There’s also a growing body of evidence that having all three vaccine doses offers strong protection, particularly against severe health outcomes, if someone winds up infected with the now-dominant Omicron variant. 

And there’s early signals that layering vaccination and infection may offer broader immunity than just infection alone.

But NACI’s recommendations also arrived amid a confusing time for Canadians.

There’s a wide variety of provincial guidance across the country, with recent suggested timeframes on post-infection vaccination ranging from B.C. and Quebec’s suggestions to simply wait until your symptoms go away to a recommendation from Ontario’s top doctor to hold off for 30 days.

The NACI suggestions also follow shifts in various provincial testing strategies, which mean fewer Canadians have access to gold-standard PCR tests to know for sure when — or if — they had a SARS-CoV-2 infection in recent weeks.

Dr. Zain Chagla, an infectious diseases specialist and associate professor at McMaster University in Hamilton, said those factors will make it tough for many Canadians to gauge when to get a booster post-infection.

Dr. Zain Chagla is an infectious disease specialist in Hamilton, Ont., and an associate professor at McMaster University. (Craig Chivers/CBC)

People who are unable to get a COVID-19 test in the community can’t assume they caught the virus, he noted, since a good chunk of people coming to hospitals with respiratory symptoms right now actually wind up testing negative because they’re actually battling other seasonal viruses.

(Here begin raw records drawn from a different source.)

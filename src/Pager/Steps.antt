-- ===== src/Pager/Steps.antt =====
-- What a call of `pager_get_page` or of `pager_flush` of src/pager.c that returned has done.
use gnaro.Base.{
  ℕ, ◌+◌, ◌*◌, ◌/◌, ◌≡◌, refl, ◌<◌, ◌∙◌, ◌≢◌, false, Option, none, some, ltb, leb, ◌==◌, inl, inr,
  Bool-cases, true, ap, sym, ◌⊎◌, ◌≤◌, arith, le→leb, lt→ltb, ◌-◌, ==→eq,
}
use gnaro.Memory.{page_size, Pager, ok}
use gnaro.Memory.Bytes.{Page}
use gnaro.Memory.Laws.{update_self, update_ne}
use gnaro.Pager.{
  Env, pager_max_pages, pager_get_page, pager_flush, load_page, read_page, write_page, loaded,
  file_offset,
}
use gnaro.Pager.Cache.{first_content, pages_in_file}

-- Each cached page has a number below the count.
abbrev pub AllCounted : Pager → Type 0
AllCounted s = (k : ℕ) (p : Page) → s.pages k ≡ some p → k < s.num_pages

-- How a page came to be delivered: it was cached, or it has been loaded.
pub data Delivery (env : Env) (n m : ℕ) (s t : Pager) : Type 0 where
  hit : (p : Page) → s.pages n ≡ some p → m ≡ n → t ≡ s → Delivery env n m s t
  miss : s.pages n ≡ none → m ≡ n → t ≡ loaded n (first_content env s n) s → Delivery env n m s t

module _ (env : Env) (n m : ℕ) (s t : Pager) where
  load-Delivery : s.pages n ≡ none → load_page env n s ≡ ok m t → Delivery env n m s t
  unfolding load_page
  load-Delivery absent runs = elim (Bool-cases (leb n (pages_in_file s))) [
    | inl inside ↦ elim (Bool-cases (env.read_fails (file_offset env (n * page_size)))) [
      | inl fails ↦ let stuck = rw (inside, fails) at runs in absurd (cc)
      | inr reads ↦ let done = rw (inside, reads) at runs in miss absent (cc) (rw inside (cc))
    ]
    | inr beyond ↦ let done = rw beyond at runs in miss absent (cc) (rw beyond (cc))
  ]

  page-Delivery :
      (page : Option Page)
      → s.pages n ≡ page
      → pager_get_page env n s ≡ ok m t
      → Delivery env n m s t
  unfolding pager_get_page
  page-Delivery page is runs = elim (Bool-cases (ltb pager_max_pages n)) [
    | inl beyond ↦ let stuck = rw beyond at runs in absurd (cc)
    | inr below ↦ elim (Bool-cases (n == pager_max_pages)) [
      | inl limit ↦ let stuck = rw (below, limit) at runs in absurd (cc)
      | inr inside ↦ by_page page is (rw (below, inside) at runs)
    ]
  ]
    where
      by_page :
          (page : Option Page)
          → s.pages n ≡ page
          → elim (s.pages n) [ none ↦ load_page env n s | some p ↦ ok n s ] ≡ ok m t
          → Delivery env n m s t
      by_page none is runs = load-Delivery is (rw is at runs)
      by_page (some p) is runs = let done = rw is at runs in hit p is (cc) (cc)

  pub get_page-Delivery : pager_get_page env n s ≡ ok m t → Delivery env n m s t
  get_page-Delivery = page-Delivery (s.pages n) refl

module _ (env : Env) (n m : ℕ) (s t : Pager) where
  pub kept_by : (k : ℕ) (p : Page) → Delivery env n m s t → s.pages k ≡ some p → t.pages k ≡ some p
  kept_by k p (hit q is same left) there = rw left there
  kept_by k p (miss absent same left) there =
      let apart : k ≢ n = λ e. cc in
      rw left (update_ne s.pages n k (some (first_content env s n)) apart ∙ there)

  pub delivered_by : Delivery env n m s t → (m ≡ n) × ((p : Page) × (t.pages n ≡ some p))
  delivered_by (hit p is same left) = (same, (p, rw left is))
  delivered_by (miss absent same left) = (
    same,
    (first_content env s n, rw left (update_self s.pages n (some (first_content env s n)))),
  )

  -- A page that is read from its place in the file has the bytes there.
  first_content-file :
      (a : ℕ)
      → env.seek_fails (n * page_size) ≡ false
      → a < page_size
      → n * page_size + a < s.file_length
      → n * page_size + a < s.file_descriptor.size
      → first_content env s n a ≡ s.file_descriptor.bytes (n * page_size + a)
  unfolding read_page file_offset
  first_content-file a seeks inside length within =
      let first : n ≤ s.file_length / page_size = omega arith in
      rw (
        le→leb n (pages_in_file s) (omega arith),
        seeks,
        lt→ltb a page_size inside,
        lt→ltb (n * page_size + a) s.file_descriptor.size within,
      )

  pub from_disk_by :
      (a : ℕ) (p : Page)
      → Delivery env n m s t
      → s.pages n ≡ none
      → t.pages n ≡ some p
      → env.seek_fails (n * page_size) ≡ false
      → a < page_size
      → n * page_size + a < s.file_length
      → n * page_size + a < s.file_descriptor.size
      → p a ≡ s.file_descriptor.bytes (n * page_size + a)
  from_disk_by a p (hit q is same left) absent there seeks inside length within = absurd (cc)
  from_disk_by a p (miss is same left) absent there seeks inside length within =
      let new : t.pages n ≡ some (first_content env s n) =
        rw left (update_self s.pages n (some (first_content env s n))) in
      let one : p ≡ first_content env s n = cc in
      ap (λ (q : Page). q a) one ∙ first_content-file a seeks inside length within

  pub counted_by : Delivery env n m s t → AllCounted s → AllCounted t
  counted_by (hit q is same left) all = rw left all
  counted_by (miss absent same left) all = rw left λ k p there. elim (Bool-cases (k == n)) [
    | inl at ↦ let e : k ≡ n = ==→eq k n at in ground arith
    | inr other ↦
        let ne : k ≢ n = λ e. ground arith in
        let before =
          all k p (sym (update_ne s.pages n k (some (first_content env s n)) ne) ∙ there) in
        ground arith
  ]

-- What a flush that returns has done.
flush-written :
    (env : Env) (n : ℕ) (s t : Pager)
    → pager_flush env n s ≡ ok tt t
    → (p : Page) × (s.pages n ≡ some p)
      × (t ≡ record s { file_descriptor = write_page s.file_descriptor n p })
unfolding pager_flush
flush-written env n s t runs = elim (Bool-cases (leb pager_max_pages n)) [
  | inl beyond ↦ let stuck = rw beyond at runs in absurd (cc)
  | inr inside ↦ by_page inside (s.pages n) refl
]
  where
    by_page :
        leb pager_max_pages n ≡ false
        → (page : Option Page) → s.pages n ≡ page
        → (p : Page) × (s.pages n ≡ some p)
          × (t ≡ record s { file_descriptor = write_page s.file_descriptor n p })
    by_page inside none is = let stuck = rw (inside, is) at runs in absurd (cc)
    by_page inside (some p) is = elim (Bool-cases (env.seek_fails (n * page_size))) [
      | inl fails ↦ let stuck = rw (inside, is, fails) at runs in absurd (cc)
      | inr seeks ↦ elim (Bool-cases (env.write_fails (n * page_size))) [
        | inl fails ↦ let stuck = rw (inside, is, seeks, fails) at runs in absurd (cc)
        | inr writes ↦ let done = rw (inside, is, seeks, writes) at runs in (p, is, cc)
      ]
    ]

pub flush-to_disk :
    (env : Env) (n a : ℕ) (s t : Pager) (p : Page)
    → pager_flush env n s ≡ ok tt t
    → s.pages n ≡ some p
    → a < page_size
    → (n * page_size + a < t.file_descriptor.size)
      × (t.file_descriptor.bytes (n * page_size + a) ≡ p a)
unfolding write_page
flush-to_disk env n a s t p runs there inside =
    let (q, is, left) = flush-written env n s t runs in
    let one : q ≡ p = cc in
    let low : leb (n * page_size) (n * page_size + a) ≡ true = ground arith in
    let high : ltb (n * page_size + a) ((n + 1) * page_size) ≡ true = ground arith in
    let place : n * page_size + a - n * page_size ≡ a = omega arith in
    rw left (ground arith, rw (low, high, place) (ap (λ (r : Page). r a) one))

pub flush-elsewhere :
    (env : Env) (n a : ℕ) (s t : Pager)
    → pager_flush env n s ≡ ok tt t
    → a < s.file_descriptor.size
    → ((a < n * page_size) ⊎ ((n + 1) * page_size ≤ a))
    → t.file_descriptor.bytes a ≡ s.file_descriptor.bytes a
unfolding write_page
flush-elsewhere env n a s t runs within apart =
    let (q, is, left) = flush-written env n s t runs in rw left (ground arith)

pub flush-pages :
    (env : Env) (n : ℕ) (s t : Pager) → pager_flush env n s ≡ ok tt t → t.pages ≡ s.pages
flush-pages env n s t runs = let (p, is, left) = flush-written env n s t runs in rw left refl

-- No cached page has the number of the first page that is not counted.
pub unused_free :
    (n : ℕ) (s : Pager) (page : Option Page)
    → s.pages n ≡ page
    → n ≡ s.num_pages
    → AllCounted s
    → s.pages n ≡ none
unused_free n s none is e all = is
unused_free n s (some p) is e all = let below = all n p is in absurd (omega arith)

“It certainly makes it a lot tougher in an era where more people couldn’t get tested,” he said.

Samantha Yammine, a Toronto-based science communicator, stressed that Canadians who followed local guidelines and got a booster shot in a shorter timeframe than NACI’s new advice shouldn’t feel like they made the wrong decision.

The guidance seems geared toward optimizing people’s boosters for longer term durability of immunity, she said, but the shots are still “safe and effective at any of the recommended timelines.”

“If you haven’t been boosted yet, then hopefully the provinces and territories apply these new recommendations as relevant to their local epidemiology,” Yammine said.

“If you’re in a high risk job or particularly vulnerable and don’t want to wait to get boosted, talk to a member of your health team. There’s a line in the NACI recommendations that says individuals should interpret these in the context of their own health risks.”